▸ **WHAT IS EXPECTED**
Transcribe exactly everything in the data below from the line containing "firewall ← firewall_object" down to the line containing "let memory = str_of", both lines included and nothing further.
[[ INPUT FOR THIS TASK, beginning ]]
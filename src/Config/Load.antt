-- ===== src/Config/Load.antt =====
-- config.py: `load_config`, from the JSON value that the file holds. Reading the file is not modelled:
-- an unreadable file and text that is no JSON raise before anything here.
use derico_sandbox.Errors.{
  Error, Result, allow_not_array, bad_cpus, bad_credentials, bad_disk, bad_firewall_enabled,
  bad_image, bad_memory, bad_workdir, both_limits, config_error, crash, ensure, err,
  firewall_not_object, missing_name, ok, refuse, resources_not_object, root_not_object,
  stop_iteration, ◌>>=◌, ◌>>◌,
}
use derico_sandbox.Json.{Value, arr, bool, end, fields, int, items, null, obj, text}
use derico_sandbox.Platform.{Platform}
use derico_sandbox.Prelude.{
  Bool, List, Option, String, [], contains, false, find?, if◌then◌else◌, leb, nat_Eq, none, some,
  string_Eq, true, ℕ, ◌&&◌, ◌==◌, ◌∷◌,
}
use derico_sandbox.Prelude.Int.{pos}
use mathlib.Core.Option
use derico_sandbox.Prelude.Dict.{Dict, get, keys, values}
use derico_sandbox.FilePath
use derico_sandbox.FilePath.{FilePath, path_eq, name}
use derico_sandbox.Config.Names.{reject_unknown, safe_text, sanitize_name}
use derico_sandbox.Config.Size.{is_size}
use derico_sandbox.Config.Ports.{parse_ports}
use derico_sandbox.Config.Mounts.{Mount, parse_mounts}
use derico_sandbox.Config.Firewall.{FirewallEntry, parse_entries}
use derico_sandbox.Config.Tailscale.{parse_tailscale}
use derico_sandbox.Config.Project.{ProjectConfig, Resources, root}
use derico_sandbox.Prelude.Text.{starts_with, strip}
use derico_sandbox.Prelude.Decimal.{show_int}

abbrev config_keys : List String
config_keys =
    "name" ∷ "workdir" ∷ "dirs" ∷ "ports" ∷ "firewall" ∷ "resources" ∷ "limits"
    ∷ "agent_credentials" ∷ "image" ∷ "tailscale" ∷ []

-- `str(value)`
unfoldable pub str_of : Platform → Value → String
str_of platform null = "None"
str_of platform (bool true) = "True"
str_of platform (bool false) = "False"
str_of platform (int z) = show_int z
str_of platform (text s) = s
str_of platform v = platform.repr v

unfoldable pub root_object : Value → Result (Dict String Value)
root_object (obj fs) = ok (fields fs)
root_object _ = err (config_error root_not_object)

unfoldable pub name_text : Option Value → Result String
name_text (some (text s)) = if strip s == "" then err (config_error missing_name) else ok s
name_text _ = err (config_error missing_name)

unfoldable pub root_target : Option Mount → Result String
root_target none = err (crash stop_iteration)
root_target (some m) = ok m.target

unfoldable pub parse_workdir : Platform → Option Value → List Mount → FilePath → Result String
parse_workdir platform none mounts root =
    root_target (find? (λ (m : Mount). path_eq m.source root) mounts)
parse_workdir platform (some null) mounts root =
    root_target (find? (λ (m : Mount). path_eq m.source root) mounts)
parse_workdir platform (some (text s)) mounts root =
    if starts_with s "/" then safe_text platform s "workdir" else err (config_error bad_workdir)
parse_workdir platform (some _) mounts root = err (config_error bad_workdir)

unfoldable pub firewall_object : Option Value → Result (Dict String Value)
firewall_object none = ok []
firewall_object (some (obj fs)) = ok (fields fs)
firewall_object (some _) = err (config_error firewall_not_object)

unfoldable pub bool_or : Option Value → Bool → Error → Result Bool
bool_or none default e = ok default
bool_or (some (bool b)) default e = ok b
bool_or (some _) default e = err e

unfoldable pub allow_list : Option Value → Result (List Value)
allow_list none = ok []
allow_list (some (arr vs)) = ok (items vs)
allow_list (some _) = err (config_error allow_not_array)

unfoldable pub parse_firewall : Platform → Dict String Value → Result (Bool × List FirewallEntry)
parse_firewall platform d = do
  firewall ← firewall_object (get d "firewall")
  reject_unknown firewall ("enabled" ∷ "allow" ∷ []) "firewall"
  enabled ← bool_or (get firewall "enabled") true (config_error bad_firewall_enabled)
  values ← allow_list (get firewall "allow")
  allow ← parse_entries platform values 0 "firewall.allow"
  ok (enabled, allow)

unfoldable pub limits_object : Value → Result (Dict String Value)
limits_object (obj fs) = ok (fields fs)
limits_object _ = err (config_error resources_not_object)

unfoldable pub cpu_count : Value → Result ℕ
cpu_count (int (pos n)) = if leb 1 n && leb n 128 then ok n else err (config_error bad_cpus)
cpu_count _ = err (config_error bad_cpus)

unfoldable pub parse_resources : Platform → Dict String Value → Result Resources
parse_resources platform d = do
  refuse (contains (keys d) "resources" && contains (keys d) "limits") both_limits
  limits ←
      limits_object (Option.get_or (get d "resources") (Option.get_or (get d "limits") (obj end)))
  reject_unknown limits ("cpus" ∷ "memory" ∷ "disk" ∷ []) "resources"
  cpus ← cpu_count (Option.get_or (get limits "cpus") (int (pos 4)))
  let memory = str_of platform (Option.get_or (get limits "memory") (text "8GiB"))
  let disk = str_of platform (Option.get_or (get limits "disk") (text "40GiB"))
  ensure (is_size memory) (bad_memory memory)
  ensure (is_size disk) (bad_disk disk)
  ok (record { cpus = cpus; memory = memory; disk = disk })

unfoldable pub image_text : Option Value → Result String
image_text none = ok "sandboxsh/base"
image_text (some (text s)) = if s == "" then err (config_error bad_image) else ok s
image_text (some _) = err (config_error bad_image)

-- `load_config(path)`, where `path` is resolved and the file holds `document`
unfoldable pub load_config : Platform → FilePath → Value → Result ProjectConfig
load_config platform path document = do
  d ← root_object document
  reject_unknown d config_keys "configuration"
  name_value ← name_text (get d "name")
  name ← sanitize_name platform name_value
  let root = FilePath.parent path
  mounts ← parse_mounts platform d root
  workdir ← parse_workdir platform (get d "workdir") mounts root
  ports ← parse_ports platform d
  tailscale ← parse_tailscale platform d
  firewall ← parse_firewall platform d
  resources ← parse_resources platform d
  image ← image_text (get d "image")
  image ← safe_text platform image "image"
  agent_credentials ← bool_or (get d "agent_credentials") true (config_error bad_credentials)
  ok (record {
    path = path;
    name = name;
    workdir = workdir;
    mounts = mounts;
    ports = ports;
    firewall_enabled = firewall.0;
    firewall_allow = firewall.1;
    resources = resources;
    image = image;
    agent_credentials = agent_credentials;
    tailscale = tailscale;
  })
[[ INPUT FOR THIS TASK, end ]]
▸ **SOLUTION TO THE PROBLEM**
  firewall ← firewall_object (get d "firewall")
  reject_unknown firewall ("enabled" ∷ "allow" ∷ []) "firewall"
  enabled ← bool_or (get firewall "enabled") true (config_error bad_firewall_enabled)
  values ← allow_list (get firewall "allow")
  allow ← parse_entries platform values 0 "firewall.allow"
  ok (enabled, allow)

unfoldable pub limits_object : Value → Result (Dict String Value)
limits_object (obj fs) = ok (fields fs)
limits_object _ = err (config_error resources_not_object)

unfoldable pub cpu_count : Value → Result ℕ
cpu_count (int (pos n)) = if leb 1 n && leb n 128 then ok n else err (config_error bad_cpus)
cpu_count _ = err (config_error bad_cpus)

unfoldable pub parse_resources : Platform → Dict String Value → Result Resources
parse_resources platform d = do
  refuse (contains (keys d) "resources" && contains (keys d) "limits") both_limits
  limits ←
      limits_object (Option.get_or (get d "resources") (Option.get_or (get d "limits") (obj end)))
  reject_unknown limits ("cpus" ∷ "memory" ∷ "disk" ∷ []) "resources"
  cpus ← cpu_count (Option.get_or (get limits "cpus") (int (pos 4)))
  let memory = str_of platform (Option.get_or (get limits "memory") (text "8GiB"))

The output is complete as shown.